I also added TestUpdateServerCapabilitiesRevalidatesCapabilityCollisionsUnderLock for this path.
| ResourceTemplates: make(map[string]string), | ||
| } | ||
|
|
||
| for serverName, caps := range g.serverCapabilities { |
There was a problem hiding this comment.
This index is built from g.serverCapabilities, which is written only in updateServerCapabilities (L585) — after the validating lock in reloadServerCapabilities is released. That's what widens the race in the comment on L426: the tool collision check reads g.toolRegistrations, which reloadServerCapabilities updates inside its own lock (L434–446), so a concurrent tool reload sees pending tools. The prompt/resource/template tracking has no such in-lock update, so a concurrent reload validates against a serverCapabilities snapshot that is missing the other reload's pending capabilities.
If you adopt the re-validate-in-updateServerCapabilities fix this becomes moot; otherwise consider recording the claim here (under this lock) so a concurrent validation observes it.

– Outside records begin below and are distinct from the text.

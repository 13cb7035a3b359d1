-- ===== src/Poll/Watcher.antt =====
-- The state of `ActiveOrdersWatcher` and how a snapshot is recorded in it (src/poll.rs).
pub mod Recording
pub mod Refinement
use smspool_sdk.Prelude.{
  ℕ, zero, suc, ◌+◌, ◌-◌, Bool, true, false, ◌&&◌, String, Option, none, some, List, [], ◌∷◌, ◌++◌,
  map, Result, ok, err, ltb, ◌==◌, length, same_text, if◌then◌else◌, reject_if, ◌>>◌,
}
use smspool_sdk.Float.{Floats}
use smspool_sdk.Error.{Error, rate_limit_of}
use smspool_sdk.BTreeMap.{BTreeMap, get, contains_key, insert, from_entries, retain}
use smspool_sdk.BTreeMap.Order.{text_order}
use smspool_sdk.Poll.Orders.{ActiveOrder}
use smspool_sdk.Poll.Options.{PollOptionsError}
use smspool_sdk.Poll.Delay.{PollOptions}

pub data WatchError (Rest V : Type 0) : Type 0 where
  client : Error V → WatchError Rest V
  deadline cancelled : (last_observed : Option (ActiveOrder Rest)) → WatchError Rest V
  tracking_limit_exceeded : (limit observed : ℕ) → WatchError Rest V

pub record ActiveFingerprint : Type 0 where
  pub status : String
  pub code : String
  pub full_code : Option String

-- The derived `PartialEq`.
abbrev same_full_code : Option String → Option String → Bool
same_full_code none none = true
same_full_code (some s) (some t) = same_text s t
same_full_code _ _ = false

unfoldable pub same_fingerprint : ActiveFingerprint → ActiveFingerprint → Bool
same_fingerprint a b =
    same_text a.status b.status && same_text a.code b.code && same_full_code a.full_code b.full_code

module _ {Rest : Type 0} where
  -- `ActiveFingerprint::from_order`.
  abbrev pub from_order : ActiveOrder Rest → ActiveFingerprint
  from_order order = record {
    status = order.status;
    code = order.code;
    full_code = order.full_code;
  }

-- `self.fingerprints.get(&order_id) != Some(&fingerprint)`.
abbrev pub is_changed : Option ActiveFingerprint → ActiveFingerprint → Bool
is_changed none fingerprint = true
is_changed (some old) fingerprint = if same_fingerprint old fingerprint then false else true

-- `orders.into_iter().map(|order| (order.order_code.clone(), order)).collect()`.
abbrev pub unique_orders :
    {Rest : Type 0} → List (ActiveOrder Rest) → BTreeMap String (ActiveOrder Rest)
unique_orders orders = from_entries text_order (map (λ order. (order.order_code, order)) orders)

pub record ActiveOrdersWatcher (F Rest : Type 0) : Type 0 where
  pub options : PollOptions F
  pub max_tracked_orders : ℕ
  pub fingerprints : BTreeMap String ActiveFingerprint
  pub pending : List (ActiveOrder Rest)
  pub next_poll_at : Option ℕ
  pub interval : ℕ
  pub last_observed : Option (ActiveOrder Rest)

module _ {F Rest : Type 0} where
  -- `ActiveOrdersWatcher::new`.
  unfoldable pub active_orders_watcher :
      PollOptions F
      → (max_tracked_orders : ℕ) → Result (ActiveOrdersWatcher F Rest) PollOptionsError
  active_orders_watcher options max_tracked_orders =
      reject_if (max_tracked_orders == 0)
        (record { field = "max_tracked_orders"; reason = "must be greater than zero" })
      >> ok (record {
        options = options;
        max_tracked_orders = max_tracked_orders;
        fingerprints = [];
        pending = [];
        next_poll_at = none;
        interval = options.base_interval;
        last_observed = none;
      })

  abbrev pub tracked_order_count : ActiveOrdersWatcher F Rest → ℕ
  tracked_order_count w = length w.fingerprints

  -- The body of the loop over the snapshot, and the loop.
  abbrev pub record_order :
      String → ActiveOrder Rest → ActiveOrdersWatcher F Rest → ActiveOrdersWatcher F Rest
  record_order order_id order w = record w {
    fingerprints = insert text_order order_id (from_order order) w.fingerprints;
    pending =
        if is_changed (get text_order order_id w.fingerprints) (from_order order)
        then w.pending ++ (order ∷ [])
        else w.pending;
    last_observed = some order;
  }

  abbrev pub record_orders :
      BTreeMap String (ActiveOrder Rest) → ActiveOrdersWatcher F Rest → ActiveOrdersWatcher F Rest
  record_orders [] w = w
  record_orders (entry ∷ unique) w = record_orders unique (record_order entry.0 entry.1 w)

  module _ {V : Type 0} where
    unfoldable pub record_snapshot :
        List (ActiveOrder Rest)
        → ActiveOrdersWatcher F Rest
        → Result (ActiveOrdersWatcher F Rest) (WatchError Rest V)
    record_snapshot orders w =
        let unique = unique_orders orders in
        reject_if (ltb w.max_tracked_orders (length unique))
          (tracking_limit_exceeded w.max_tracked_orders (length unique))
        >> ok (
            record_orders unique (record w {
              fingerprints =
                  retain text_order (λ id. contains_key text_order id unique) w.fingerprints;
            }))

There was a problem hiding this comment.
Addressed by the same updateServerCapabilities revalidation in 1cddacf8. The earlier registeredCapabilityNameIndexes call is still useful for fast fail-before-claim behavior, but the decisive check now also runs at the registration boundary under the lock, after any competing reload has had a chance to update serverCapabilities.
| seen := make(map[string]capabilityIdentityRegistration, len(registrations)) | ||
|
|
||
| for _, registration := range sortedCapabilityIdentityRegistrations(registrations) { | ||
| identifier := strings.TrimSpace(registration.identifier) |
There was a problem hiding this comment.
Low — the validator trims for comparison, but the SDK keys on the raw identifier.
identifier is the trimmed value, and it's used for the reserved / seen / existing lookups — but registration (AddPrompt/AddResource/…) uses the raw, untrimmed name as the SDK key. So the validator's notion of "equal" differs from the SDK's:
"x"and" x"are flagged as colliding even though the SDK treats them as distinct keys (false positive — rejects a valid config)." mcp-discover "is rejected as reserved although it wouldn't actually shadow the gateway'smcp-discover.
It errs toward rejecting, so it's not a security hole — but it should key on the exact value the SDK registers. Keep the empty-after-trim check as a defensive guard, but do the reserved/seen/existing comparisons on the raw registration.identifier (or trim consistently at registration time too).
There was a problem hiding this comment.
Fixed in 1cddacf8. The validator still rejects identifiers that are empty after trimming, but reserved/seen/existing lookups now use the raw registration.identifier, matching the key the SDK registers.
Added TestValidateExternalCapabilityNameCollisionsUsesRawIdentifiersForComparison to cover "summarize" vs " summarize " and " mcp-discover ".
Summary
mcp-discoverwhen dynamic tools are enabledBehavior note
Prompt policy filtering now also runs on the dynamic-reload path before prompt collision validation. Previously that path filtered tools only, so denied prompts could still remain in dynamic available capabilities.
Root cause
PR #513 protected exposed tool names, but the MCP SDK also replaces prompts, resources, and resource templates when the same prompt name, resource URI, or resource template URI template is registered. The gateway did not validate those identifiers, so later capabilities could shadow earlier registrations.
Validation
go test ./pkg/gatewaygo test ./pkg/gateway -run 'TestValidateExternalCapabilityNameCollisions|TestUpdateServerCapabilitiesRevalidatesCapabilityCollisionsUnderLock'go test ./...fails in existing integration areas in this local environment:TestIntegrationWithElicitationandTestIntegrationShortLivedContainerCloseshit MCP initialize EOFs, andTestIntegrationCallToolClickhousereports Dockerunknown flag: --gateway-arg.